▶ **DESCRIPTION OF THE TASK**:
Using the records below, find every line that includes "before" and copy it.
(Beginning of INPUT RECORDS)
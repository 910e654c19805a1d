-- ===== src/Metadata/Named.antt =====
-- FindCodec and FindCompressor of src/zarr/array_metadata.cc, over codecs whose names are strings.
use carta_zarr.Base.{
  ℕ, ◌≡◌, refl, inl, inr, true, List, [], ◌∷◌, some, String, Bool-cases, Option-cases,
}
use carta_zarr.Json.{View, object_of, string_of, find_member, member, all_of}
use carta_zarr.Metadata.Codecs.{
  FoundCodec, absent, found, after_codec, codec_name, find_codec, has_text_name,
  codec_names_are_strings, first_codec, find_compressor, is_transpose, transpose_order,
}
use carta_zarr.Metadata.Parse.{transposes_hold}
use package.text.Mathlib.Text.{◌==◌ as ◌same_text◌}

module _ {J : Type 0} (view : J → View J) where
  pub codec_names_are_strings_split :
      (codec : J) (codecs : List J)
      → codec_names_are_strings view (codec ∷ codecs) ≡ true
      → (has_text_name view codec ≡ true) × (codec_names_are_strings view codecs ≡ true)
  unfolding codec_names_are_strings all_of
  codec_names_are_strings_split codec codecs e = elim (Bool-cases (has_text_name view codec)) [
    | inl f ↦ (f, (rw f at e))
    | inr f ↦ absurd (let bad = (rw f at e) in cc)
  ]

  pub codec_name-some :
      (codec : J) (members : List (String × J))
      → object_of view codec ≡ some members
      → has_text_name view codec ≡ true
      → (name : String) × (codec_name view members ≡ some name)
  unfolding has_text_name member codec_name
  codec_name-some codec members o e = elim (Option-cases (find_member view members "name")) [
    | inl f ↦ ("", rw (f, codec_name) refl)
    | inr (j, f) ↦ elim (Option-cases (string_of view j)) [
      | inl g ↦ absurd (let bad = (rw (o, f, g, has_text_name, member) at e) in cc)
      | inr (s, g) ↦ (s, rw (f, g, codec_name) refl)
    ]
  ]

  -- A search that is not thrown out of; where it finds a codec, the transposes before it hold.
  pub data IsSearched (rank : ℕ) (codecs : List J) : FoundCodec J → Type 0 where
    none_found : IsSearched rank codecs absent
    one_found :
        (before : List J) (members : List (String × J))
        → (transposes_hold view rank codecs ≡ true → transposes_hold view rank before ≡ true)
        → IsSearched rank codecs (found before members)

  transposes_hold_cons :
      (rank : ℕ) (codec : J) (codecs before : List J)
      → (transposes_hold view rank codecs ≡ true → transposes_hold view rank before ≡ true)
      → transposes_hold view rank (codec ∷ codecs) ≡ true
      → transposes_hold view rank (codec ∷ before) ≡ true
  unfolding transposes_hold
  transposes_hold_cons rank codec codecs before h e = elim (Bool-cases (is_transpose view codec)) [
    | inr f ↦ rw f (h (rw f at e))
    | inl f ↦ elim (Option-cases (transpose_order view codec rank)) [
      | inl g ↦ absurd (let bad = (rw (f, g, transposes_hold) at e) in cc)
      | inr (order, g) ↦ rw (f, g, transposes_hold) (h (rw (f, g, transposes_hold) at e))
    ]
  ]

  after_codec-IsSearched :
      (rank : ℕ) (codec : J) (codecs : List J) (f : FoundCodec J)
      → IsSearched rank codecs f
      → IsSearched rank (codec ∷ codecs) (after_codec codec f)
  unfolding after_codec
  after_codec-IsSearched rank codec codecs _ none_found = none_found
  after_codec-IsSearched rank codec codecs _ (one_found before members h) =
      one_found (codec ∷ before) members (transposes_hold_cons rank codec codecs before h)

  pub find_codec-IsSearched :
      (rank : ℕ) (codecs : List J) (name : String)
      → codec_names_are_strings view codecs ≡ true
      → IsSearched rank codecs (find_codec view codecs name)
  unfolding find_codec transposes_hold
  find_codec-IsSearched rank [] name e = none_found
  find_codec-IsSearched rank (codec ∷ codecs) name e =
      let (here, rest) = codec_names_are_strings_split codec codecs e in
      let later =
        after_codec-IsSearched rank codec codecs (find_codec view codecs name)
          (find_codec-IsSearched rank codecs name rest) in
      elim (Option-cases (object_of view codec)) [
        | inl f ↦ rw (f, find_codec) later
        | inr (members, f) ↦
            let (n, named) = codec_name-some codec members f here in
            elim (Bool-cases (n same_text name)) [
              | inl g ↦ rw (f, named, g, find_codec) (one_found [] members (λ h. refl))
              | inr g ↦ rw (f, named, g, find_codec) later
            ]
      ]

  -- One turn of the loop over the names of compressors.
  next_codec-some :
      (codecs : List J) (name : String) (names : List String) (f : FoundCodec J)
      → find_codec view codecs name ≡ f
      → IsSearched 0 codecs f
      → (n : String) × (first_codec view codecs names ≡ some n)
      → (n : String) × (first_codec view codecs (name ∷ names) ≡ some n)
  unfolding first_codec
  next_codec-some codecs name names _ same none_found (n, more) = (n, rw (same, first_codec) more)
  next_codec-some codecs name names _ same (one_found before members h) later =
      (name, rw (same, first_codec) refl)

  first_codec-some :
      (codecs : List J) (names : List String)
      → codec_names_are_strings view codecs ≡ true
      → (name : String) × (first_codec view codecs names ≡ some name)
  unfolding first_codec
  first_codec-some codecs [] e = ("", refl)
  first_codec-some codecs (name ∷ names) e =
      next_codec-some codecs name names (find_codec view codecs name) refl
        (find_codec-IsSearched 0 codecs name e) (first_codec-some codecs names e)

  pub find_compressor-some :
      (codecs : List J)
      → codec_names_are_strings view codecs ≡ true
      → (name : String) × (find_compressor view codecs ≡ some name)
  unfolding find_compressor
  find_compressor-some codecs e = first_codec-some codecs ("zstd" ∷ "gzip" ∷ "blosc" ∷ []) e
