-- ===== src/Metadata/Members.antt =====
-- ParseArrayMetadata of src/zarr/array_metadata.cc: what holds of the members that it takes.
use carta_zarr.Base.{
  ℕ, zero, suc, ◌<◌, ◌≡◌, refl, sym, ap, ◌∙◌, true, List, [], ◌∷◌, Option, none, some, String,
  Result, ok, err, ◌>>=◌, arith, tests, ltb, ◌==◌, ==→eq, Bool-cases, Option-cases, inl, inr,
  length, get_or, ◌⊎◌,
}
use carta_zarr.Json.{
  View, array_of, string_of, non_negative, positive, positive_of, all_numbers, find_member,
}
use carta_zarr.Metadata.{ArrayMetadata}
use carta_zarr.Metadata.Codecs.{codec_names_are_strings}
use carta_zarr.Metadata.Parse.{
  take_members, check_kind, parse_shape, parse_names, parse_type, parse_attributes, parse_codecs,
  parse_chunks, sized_numbers, grid_shape, names_given, check_names, all_texts, are_unique, invalid,
  parse_key_encoding,
}

-- Positive numbers, `rank` of them.
pub record IsExtent (rank : ℕ) (shape : List ℕ) : Type 0 where
  pub sized : length shape ≡ rank
  pub positive : (i : ℕ) → i < rank → 0 < get_or shape i 0

-- The value that a chain of results goes on with.
bind-ok :
    {A B : Type 0} (m : Result A) (f : A → Result B) (b : B)
    → (m >>= f) ≡ ok b
    → (a : A) × (m ≡ ok a) × (f a ≡ ok b)
bind-ok (err e) f b h = absurd cc
bind-ok (ok a) f b h = (a, refl, h)

IsExtent-cons :
    (rank n : ℕ) (shape : List ℕ) → 0 < n → IsExtent rank shape → IsExtent (suc rank) (n ∷ shape)
IsExtent-cons rank n shape h v = record { sized = ap suc v.sized; positive = at }
  where
    at : (i : ℕ) → i < suc rank → 0 < get_or (n ∷ shape) i 0
    at zero l = h
    at (suc i) l = v.positive i (omega arith)

module _ {J : Type 0} (view : J → View J) where
  positive_of-lt : (o : Option ℕ) (n : ℕ) → positive_of view o ≡ some n → 0 < n
  unfolding positive_of
  positive_of-lt none n e = absurd cc
  positive_of-lt (some k) n e = elim (Bool-cases (ltb 0 k)) [
    | inl f ↦ let one : k ≡ n = (let same = (rw f at e) in cc) in omega (tests, one)
    | inr f ↦ absurd (let bad = (rw f at e) in cc)
  ]

  pub all_numbers-positive :
      (js : List J) (ns : List ℕ)
      → all_numbers view (positive view) js ≡ some ns
      → IsExtent (length js) ns
  unfolding all_numbers positive
  all_numbers-positive [] ns e =
      let one : ns ≡ [] = cc in
      rw one (record { sized = refl; positive = λ i h. absurd (omega arith) })
  all_numbers-positive (j ∷ js) ns e =
      elim (Option-cases (positive_of view (non_negative view j))) [
        | inl gone ↦ absurd (let bad = (rw (gone, all_numbers) at e) in cc)
        | inr (n, given) ↦ elim (Option-cases (all_numbers view (positive view) js)) [
          | inl gone ↦ absurd (let bad = (rw (given, gone, all_numbers) at e) in cc)
          | inr (rest, more) ↦
              let one : ns ≡ n ∷ rest = (let both = (rw (given, more, all_numbers) at e) in cc) in
              rw one (
                IsExtent-cons (length js) n rest (positive_of-lt (non_negative view j) n given)
                  (all_numbers-positive js rest more))
        ]
      ]

  pub sized_numbers-IsExtent :
      (rank : ℕ) (js : Option (List J)) (ns : List ℕ)
      → sized_numbers view rank js ≡ some ns
      → (elements : List J) × (js ≡ some elements)
        × (length elements ≡ rank)
        × (all_numbers view (positive view) elements ≡ some ns)
        × IsExtent rank ns
  unfolding sized_numbers
  sized_numbers-IsExtent rank none ns e = absurd cc
  sized_numbers-IsExtent rank (some js) ns e = elim (Bool-cases (length js == rank)) [
    | inr f ↦ absurd (let bad = (rw f at e) in cc)
    | inl f ↦
        let size : length js ≡ rank = ==→eq (length js) rank f in
        let read : all_numbers view (positive view) js ≡ some ns = (rw f at e) in
        (js, refl, size, read, (rw size at (all_numbers-positive js ns read)))
  ]

  parse_chunks-IsExtent :
      (doc : List (String × J)) (rank : ℕ) (node : String) (chunks : List ℕ)
      → parse_chunks view doc rank node ≡ ok chunks
      → IsExtent rank chunks
  unfolding parse_chunks
  parse_chunks-IsExtent doc rank node chunks e = elim (Option-cases (grid_shape view doc)) [
    | inl f ↦ absurd (let bad = (rw (f, parse_chunks) at e) in cc)
    | inr (j, f) ↦ elim (Option-cases (sized_numbers view rank (array_of view j))) [
      | inl g ↦ absurd (let bad = (rw (f, g, parse_chunks, invalid) at e) in cc)
      | inr (ns, g) ↦
          let one : ns ≡ chunks = (let same = (rw (f, g, parse_chunks) at e) in cc) in
          let (js, given, size, read, extent) =
            sized_numbers-IsExtent rank (array_of view j) ns g in
          (rw one at extent)
    ]
  ]

  parse_codecs-named :
      (doc : List (String × J)) (node : String) (codecs : List J)
      → parse_codecs view doc node ≡ ok codecs
      → codec_names_are_strings view codecs ≡ true
  unfolding parse_codecs codec_names_are_strings
  parse_codecs-named doc node codecs e = elim (Option-cases (find_member view doc "codecs")) [
    | inl f ↦ let one : codecs ≡ [] = (let same = (rw (f, parse_codecs) at e) in cc) in rw one refl
    | inr (j, f) ↦ elim (Option-cases (array_of view j)) [
      | inl g ↦
          let one : codecs ≡ [] = (let same = (rw (f, g, parse_codecs) at e) in cc) in rw one refl
      | inr (js, g) ↦ elim (Bool-cases (codec_names_are_strings view js)) [
        | inl h ↦
            let one : js ≡ codecs = (let same = (rw (f, g, h, parse_codecs) at e) in cc) in
            (rw one at h)
        | inr h ↦ absurd (let bad = (rw (f, g, h, parse_codecs, invalid) at e) in cc)
      ]
    ]
  ]

  length-all_texts :
      (js : List J) (texts : List String)
      → all_texts view js ≡ some texts
      → length texts ≡ length js
  unfolding all_texts
  length-all_texts [] texts e = let one : texts ≡ [] = cc in rw one refl
  length-all_texts (j ∷ js) texts e = elim (Option-cases (string_of view j)) [
    | inl f ↦ absurd (let bad = (rw (f, all_texts) at e) in cc)
    | inr (t, f) ↦ elim (Option-cases (all_texts view js)) [
      | inl g ↦ absurd (let bad = (rw (f, g, all_texts) at e) in cc)
      | inr (ts, g) ↦
          let one : texts ≡ t ∷ ts = (let same = (rw (f, g, all_texts) at e) in cc) in
          rw one (ap suc (length-all_texts js ts g))
    ]
  ]

  check_names-Unique :
      (names : List J) (rank : ℕ) (node : String) (texts : List String)
      → check_names view names rank node ≡ ok texts
      → (length texts ≡ rank) × (are_unique texts ≡ true)
  unfolding check_names
  check_names-Unique names rank node texts e = elim (Bool-cases (length names == rank)) [
    | inr f ↦ absurd (let bad = (rw (f, check_names, invalid) at e) in cc)
    | inl f ↦ elim (Option-cases (all_texts view names)) [
      | inl g ↦ absurd (let bad = (rw (f, g, check_names, invalid) at e) in cc)
      | inr (ts, g) ↦ elim (Bool-cases (are_unique ts)) [
        | inl h ↦
            let one : ts ≡ texts = (let same = (rw (f, g, h, check_names) at e) in cc) in
            (
              ap length (sym one) ∙ length-all_texts names ts g ∙ ==→eq (length names) rank f,
              (rw one at h),
            )
        | inr h ↦ absurd (let bad = (rw (f, g, h, check_names, invalid) at e) in cc)
      ]
    ]
  ]

  parse_names-Unique :
      (doc : List (String × J)) (rank : ℕ) (node : String) (texts : List String)
      → parse_names view doc rank node ≡ ok texts
      → (texts ≡ []) ⊎ ((length texts ≡ rank) × (are_unique texts ≡ true))
  unfolding parse_names
  parse_names-Unique doc rank node texts e = elim (Option-cases (names_given view doc)) [
    | inl f ↦ inl (let same = (rw (f, parse_names) at e) in cc)
    | inr (j, f) ↦ elim (Option-cases (array_of view j)) [
      | inl g ↦ absurd (let bad = (rw (f, g, parse_names, invalid) at e) in cc)
      | inr (js, g) ↦ inr (check_names-Unique js rank node texts (rw (f, g, parse_names) at e))
    ]
  ]

  pub take_members-ok :
      (doc : List (String × J)) (node : String) (m : ArrayMetadata J)
      → take_members view doc node ≡ ok m
      → IsExtent (length m.shape) m.chunk_shape
        × ((m.dimension_names ≡ [])
            ⊎ ((length m.dimension_names ≡ length m.shape) × (are_unique m.dimension_names ≡ true)))
        × (codec_names_are_strings view m.codecs ≡ true)
  unfolding take_members
  take_members-ok doc node m e =
      let (k, e0, r0) = bind-ok (check_kind view doc node) _ m e in
      let (shape, e1, r1) = bind-ok (parse_shape view doc node) _ m r0 in
      let (names, e2, r2) = bind-ok (parse_names view doc (length shape) node) _ m r1 in
      let (typed, e3, r3) = bind-ok (parse_type view doc node) _ m r2 in
      let (attributes, e4, r4) = bind-ok (parse_attributes view doc node) _ m r3 in
      let (codecs, e5, r5) = bind-ok (parse_codecs view doc node) _ m r4 in
      let (chunks, e6, r6) = bind-ok (parse_chunks view doc (length shape) node) _ m r5 in
      let one : record {
        shape = shape;
        dimension_names = names;
        data_type = typed.0;
        data_type_configuration = typed.1;
        attributes = attributes;
        chunk_shape = chunks;
        codecs = codecs;
        chunk_key_encoding = parse_key_encoding view doc;
        fill_value = find_member view doc "fill_value";
      }
          ≡ m =
        cc in
      rw (← one) (
        parse_chunks-IsExtent doc (length shape) node chunks e6,
        parse_names-Unique doc (length shape) node names e2,
        parse_codecs-named doc node codecs e5,
      )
(End of INPUT RECORDS)
▶ **RESPONSE**:
  -- A search that is not thrown out of; where it finds a codec, the transposes before it hold.
        (before : List J) (members : List (String × J))
        → (transposes_hold view rank codecs ≡ true → transposes_hold view rank before ≡ true)
        → IsSearched rank codecs (found before members)
      (rank : ℕ) (codec : J) (codecs before : List J)
      → (transposes_hold view rank codecs ≡ true → transposes_hold view rank before ≡ true)
      → transposes_hold view rank (codec ∷ before) ≡ true
  transposes_hold_cons rank codec codecs before h e = elim (Bool-cases (is_transpose view codec)) [
  after_codec-IsSearched rank codec codecs _ (one_found before members h) =
      one_found (codec ∷ before) members (transposes_hold_cons rank codec codecs before h)
  next_codec-some codecs name names _ same (one_found before members h) later =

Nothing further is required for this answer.